Problem details: Please return all lines from the records below that include the string "created".

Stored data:

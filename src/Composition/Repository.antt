-- ===== src/Composition/Repository.antt =====
-- createInMemoryFlowDocBackendCompositionRepositoryV1 (composition/compositionSchedulerRepository.ts),
-- lines 190 to 799. Each method returns the next state beside its answer.
pub mod Swap
pub mod Changes
pub mod Commits
pub mod Keeping
pub mod Soundness
pub mod Settled
pub mod Replays
use Prim.Native.String.{◌++◌}
use text.Mathlib.Text.{starts_with}
use flowdoc_vnext_backend.Common.{
  ℕ, ◌+◌, ◌*◌, String, Bool, true, false, not, ◌&&◌, ◌||◌, Option, none, some, List, [], ◌∷◌, ltb,
  leb, ◌==◌, number_eq, text_eq, if◌then◌else◌,
}
use flowdoc_vnext_backend.Common.Dict
use flowdoc_vnext_backend.Common.Dict.{Dict, set}
use flowdoc_vnext_backend.Common.Text.{byte_length_of, is_within_512}
use flowdoc_vnext_backend.PdfExport.Issue.{Digest}
use flowdoc_vnext_backend.Composition.Core.{Manifest, CompositionCore}
use flowdoc_vnext_backend.Composition.SourcePin.{
  ContentKind, ContentRef, transition_receipt, page_plan, heading_page_map, kind_text, kind_beq,
  ref_valid, Retention, summarize, PinFacts, SourcePin, parse_pin,
}
use flowdoc_vnext_backend.Composition.JobHead.{
  JobStatus, completed, blocked, cancelled, expired, OutputRefs, JobFacts, JobHead, is_some,
  same_text, parse_head,
}
use flowdoc_vnext_backend.Composition.Transition.{PageChunk, ReceiptFacts, Receipt, parse_receipt}

-- A value to retain: a record of this program, or any other JSON value, with its `fingerprint` if it
-- is an object that has one, and one text for the rest.
pub data StoredValue : Type 0 where
  receipt_value : Receipt → StoredValue
  chunk_value : PageChunk → StoredValue
  other_value : Option String → String → StoredValue

abbrev pub value_fingerprint : StoredValue → Option String
value_fingerprint (receipt_value r) = some r.fingerprint
value_fingerprint (chunk_value c) = some c.fingerprint
value_fingerprint (other_value f rest) = f

pub record Immutable : Type 0 where
  pub ref : ContentRef
  pub value : StoredValue

pub record StoredHead : Type 0 where
  pub pin : SourcePin
  pub manifest : Manifest
  pub head : JobHead
  pub create_request_id : String
  pub create_request_fingerprint : String

pub record StoredRequest : Type 0 where
  pub request_fingerprint : String
  pub receipt_ref : ContentRef
  pub head : JobHead

pub record StoredFinalization : Type 0 where
  pub request_fingerprint : String
  pub page_plan_ref : ContentRef
  pub heading_page_map_ref : ContentRef
  pub head : JobHead

pub record Repository : Type 0 where
  pub immutable : Dict String Immutable
  pub fingerprints : Dict String String
  pub heads : Dict String StoredHead
  pub requests : Dict String StoredRequest
  pub finalizations : Dict String StoredFinalization

abbrev pub empty_repository : Repository
empty_repository = record {
  immutable = Dict.empty;
  fingerprints = Dict.empty;
  heads = Dict.empty;
  requests = Dict.empty;
  finalizations = Dict.empty;
}

-- immutableKey and requestKey
unfoldable pub pair_key : String → String → String
pair_key job id = job ++ ("\0" ++ id)

-- fingerprintKey
unfoldable pub fingerprint_key : String → ContentKind → String → String
fingerprint_key job k text = job ++ ("\0" ++ (kind_text k ++ ("\0" ++ text)))

-- `same` on two references.
abbrev pub same_ref : ContentRef → ContentRef → Bool
same_ref q r =
    kind_beq q.kind r.kind
    && q.job_id == r.job_id
    && q.record_id == r.record_id
    && q.record_fingerprint == r.record_fingerprint
    && q.byte_length == r.byte_length

abbrev pub is_terminal : JobStatus → Bool
is_terminal completed = true
is_terminal blocked = true
is_terminal cancelled = true
is_terminal expired = true
is_terminal _ = false

pub data PutResult : Type 0 where
  put_written : ContentRef → PutResult
  put_replay : ContentRef → PutResult
  put_conflict : PutResult
  put_invalid : PutResult

-- The answer of a read: a value, nothing, or "invalid".
pub data Read (A : Type 0) : Type 0 where
  found : A → Read A
  missing : Read A
  unreadable : Read A

pub data CreateResult : Type 0 where
  created : JobHead → CreateResult
  create_replay : JobHead → CreateResult
  create_conflict : CreateResult
  create_invalid : CreateResult

pub data CasResult : Type 0 where
  committed : JobHead → CasResult
  idempotent_replay : JobHead → CasResult
  stale : JobHead → CasResult
  conflict : CasResult
  invalid : CasResult
  not_found : CasResult

pub record CommittedRequest : Type 0 where
  pub request_id : String
  pub request_fingerprint : String
  pub receipt_ref : ContentRef

pub record CommittedFinalization : Type 0 where
  pub request_id : String
  pub request_fingerprint : String
  pub page_plan_ref : ContentRef
  pub heading_page_map_ref : ContentRef

pub record CasInput : Type 0 where
  pub job_id : String
  pub expected_revision : ℕ
  pub expected_fingerprint : String
  pub next : JobHead
  pub request : Option CommittedRequest
  pub finalization : Option CommittedFinalization

pub record CreateInput : Type 0 where
  pub create_request_id : String
  pub request_fingerprint : String
  pub pin : SourcePin
  pub manifest : Manifest
  pub head : JobHead

-- What the repository uses that is not of this program: Core's parsers, JSON.stringify on the values
-- that are retained, and SHA-256 on the facts of each contract.
module _ (core : CompositionCore) (json : StoredValue → String) ⦃head_digest : Digest JobFacts⦄
    ⦃pin_digest : Digest PinFacts⦄ ⦃receipt_digest : Digest ReceiptFacts⦄ where
  unfoldable pub put_new :
      Repository → ContentRef → StoredValue → Option String → Repository × PutResult
  unfolding pair_key fingerprint_key
  put_new s r v owner =
      let key = pair_key r.job_id r.record_id in
      if is_some owner && not (same_text owner (some key)) then (s, put_conflict) else (
        record s {
          immutable = set s.immutable key (record { ref = r; value = v });
          fingerprints =
              set s.fingerprints (fingerprint_key r.job_id r.kind r.record_fingerprint) key;
        },
        put_written r,
      )

  unfoldable pub put_at :
      Repository → ContentRef → StoredValue → Option Immutable → Repository × PutResult
  unfolding put_new
  put_at s r v (some i) =
      if same_ref i.ref r && json i.value == json v
      then (s, put_replay i.ref)
      else (s, put_conflict)
  put_at s r v none =
      put_new s r v (s.fingerprints.get (fingerprint_key r.job_id r.kind r.record_fingerprint))

  -- putImmutable
  unfoldable pub put_immutable : Repository → ContentRef → StoredValue → Repository × PutResult
  unfolding put_at pair_key
  put_immutable s r v =
      if not (ref_valid r)
      then (s, put_invalid)
      else if not (same_text (value_fingerprint v) (some r.record_fingerprint))
      then (s, put_invalid)
      else if not (byte_length_of (json v) == r.byte_length)
      then (s, put_invalid)
      else put_at s r v (s.immutable.get (pair_key r.job_id r.record_id))

  abbrev pub read_of : {A : Type 0} → Option A → Read A
  read_of none = missing
  read_of (some a) = found a

  -- readImmutable
  unfoldable pub read_immutable : Repository → String → String → Read Immutable
  unfolding pair_key
  read_immutable s job id =
      if job == "" || id == "" then unreadable else read_of (s.immutable.get (pair_key job id))

  -- The record that the index names, which must be the exact one.
  unfoldable pub indexed : String → ContentKind → String → Option Immutable → Read Immutable
  indexed job k text none = unreadable
  indexed job k text (some i) =
      if i.ref.job_id == job && kind_beq i.ref.kind k && i.ref.record_fingerprint == text
      then found i
      else unreadable

  unfoldable pub read_indexed :
      Repository → String → ContentKind → String → Option String → Read Immutable
  unfolding indexed
  read_indexed s job k text none = missing
  read_indexed s job k text (some key) = indexed job k text (s.immutable.get key)

  -- readImmutableByFingerprint
  unfoldable pub read_by_fingerprint : Repository → String → ContentKind → String → Read Immutable
  unfolding read_indexed fingerprint_key
  read_by_fingerprint s job k text =
      if ref_valid (record {
        kind = k;
        job_id = job;
        record_id = "fingerprint-probe";
        record_fingerprint = text;
        byte_length = 1;
      })
      then read_indexed s job k text (s.fingerprints.get (fingerprint_key job k text))
      else unreadable

  unfoldable pub create_new :
      Repository
      → CreateInput
      → SourcePin
      → Manifest
      → JobHead
      → Option StoredHead
      → Repository × CreateResult
  create_new s r pin m h (some x) =
      if x.create_request_id == r.create_request_id
        && x.create_request_fingerprint == r.request_fingerprint
      then (s, create_replay x.head)
      else (s, create_conflict)
  create_new s r pin m h none = (
    record s {
      heads = set s.heads pin.job_id (record {
        pin = pin;
        manifest = m;
        head = h;
        create_request_id = r.create_request_id;
        create_request_fingerprint = r.request_fingerprint;
      });
    },
    created h,
  )

  unfoldable pub create_parsed :
      Repository → CreateInput → SourcePin → Manifest → Option JobHead → Repository × CreateResult
  unfolding create_new
  create_parsed s r pin m none = (s, create_invalid)
  create_parsed s r pin m (some h) =
      if not (h.head_revision == 0)
        || not (h.transition_number == 0)
        || r.create_request_id == ""
        || not (starts_with r.request_fingerprint "sha256:")
      then (s, create_invalid)
      else create_new s r pin m h (s.heads.get pin.job_id)

  unfoldable pub create_owned :
      Repository → CreateInput → Option SourcePin → Option Manifest → Repository × CreateResult
  unfolding create_parsed
  create_owned s r none _ = (s, create_invalid)
  create_owned s r (some pin) none = (s, create_invalid)
  create_owned s r (some pin) (some m) = create_parsed s r pin m (parse_head core pin m r.head)

  -- createHead
  unfoldable pub create_head : Repository → CreateInput → Repository × CreateResult
  unfolding create_owned
  create_head s r = create_owned s r (parse_pin r.pin) (core.parse_manifest r.manifest)

  unfoldable pub reread : StoredHead → Option JobHead → Read StoredHead
  reread x none = unreadable
  reread x (some h) = found (record x { head = h })

  unfoldable pub read_stored : Option StoredHead → Read StoredHead
  unfolding reread
  read_stored none = missing
  read_stored (some x) = reread x (parse_head core x.pin x.manifest x.head)

  -- readHead, which gives out the context and the head of what is found.
  unfoldable pub read_head : Repository → String → Read StoredHead
  unfolding read_stored
  read_head s job = read_stored (s.heads.get job)

  -- readHeadCreation, which gives out the identity of the creation and the head.
  unfoldable pub read_head_creation : Repository → String → Read StoredHead
  unfolding read_stored
  read_head_creation s job =
      if job == "" || not (is_within_512 job) then unreadable else read_stored (s.heads.get job)

  -- What a request committed, with its head parsed, where its receipt is still exact.
  unfoldable pub exact_request :
      String → StoredRequest → Option Immutable → Option JobHead → Read StoredRequest
  exact_request job q (some i) (some h) =
      if ref_valid q.receipt_ref
        && q.receipt_ref.job_id == job
        && kind_beq q.receipt_ref.kind transition_receipt
        && i.ref.record_fingerprint == q.receipt_ref.record_fingerprint
        && same_text h.chain.transition_receipt_tip (some q.receipt_ref.record_fingerprint)
      then found (record q { head = h })
      else unreadable
  exact_request job q _ _ = unreadable

  abbrev pub retained : Repository → ContentRef → Option Immutable
  retained s r = s.immutable.get (pair_key r.job_id r.record_id)

  abbrev pub parsed_in : Option StoredHead → JobHead → Option JobHead
  parsed_in none h = none
  parsed_in (some x) h = parse_head core x.pin x.manifest h

  unfoldable pub read_request_at : Repository → String → Option StoredRequest → Read StoredRequest
  unfolding exact_request
  read_request_at s job none = missing
  read_request_at s job (some q) =
      exact_request job q (retained s q.receipt_ref) (parsed_in (s.heads.get job) q.head)

  -- readCommittedRequest
  unfoldable pub read_committed_request : Repository → String → String → Read StoredRequest
  unfolding read_request_at pair_key
  read_committed_request s job id =
      if job == "" || id == ""
      then unreadable
      else read_request_at s job (s.requests.get (pair_key job id))

  -- Whether the final output of a head is of these two references.
  unfoldable pub output_is : ContentRef → ContentRef → Option OutputRefs → Bool
  output_is plan map none = false
  output_is plan map (some o) = same_ref o.page_plan_ref plan && same_ref o.heading_page_map_ref map

  abbrev pub is_completed : JobStatus → Bool
  is_completed completed = true
  is_completed _ = false

  unfoldable pub outputs_retained : Repository → String → ContentRef → ContentRef → JobHead → Bool
  unfolding output_is
  outputs_retained s job plan map h =
      ref_valid plan
      && ref_valid map
      && plan.job_id == job
      && kind_beq plan.kind page_plan
      && is_some (retained s plan)
      && map.job_id == job
      && kind_beq map.kind heading_page_map
      && is_some (retained s map)
      && is_completed h.status
      && output_is plan map h.final_output

  unfoldable pub exact_finalization :
      Repository → String → StoredFinalization → Option JobHead → Read StoredFinalization
  unfolding outputs_retained
  exact_finalization s job q none = unreadable
  exact_finalization s job q (some h) =
      if outputs_retained s job q.page_plan_ref q.heading_page_map_ref h
      then found (record q { head = h })
      else unreadable

  unfoldable pub read_finalization_at :
      Repository → String → Option StoredFinalization → Read StoredFinalization
  unfolding exact_finalization
  read_finalization_at s job none = missing
  read_finalization_at s job (some q) =
      exact_finalization s job q (parsed_in (s.heads.get job) q.head)

  -- readCommittedFinalization
  unfoldable pub read_committed_finalization :
      Repository → String → String → Read StoredFinalization
  unfolding read_finalization_at pair_key
  read_committed_finalization s job id =
      if job == "" || id == ""
      then unreadable
      else read_finalization_at s job (s.finalizations.get (pair_key job id))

Task solution:
  created : JobHead → CreateResult
    created h,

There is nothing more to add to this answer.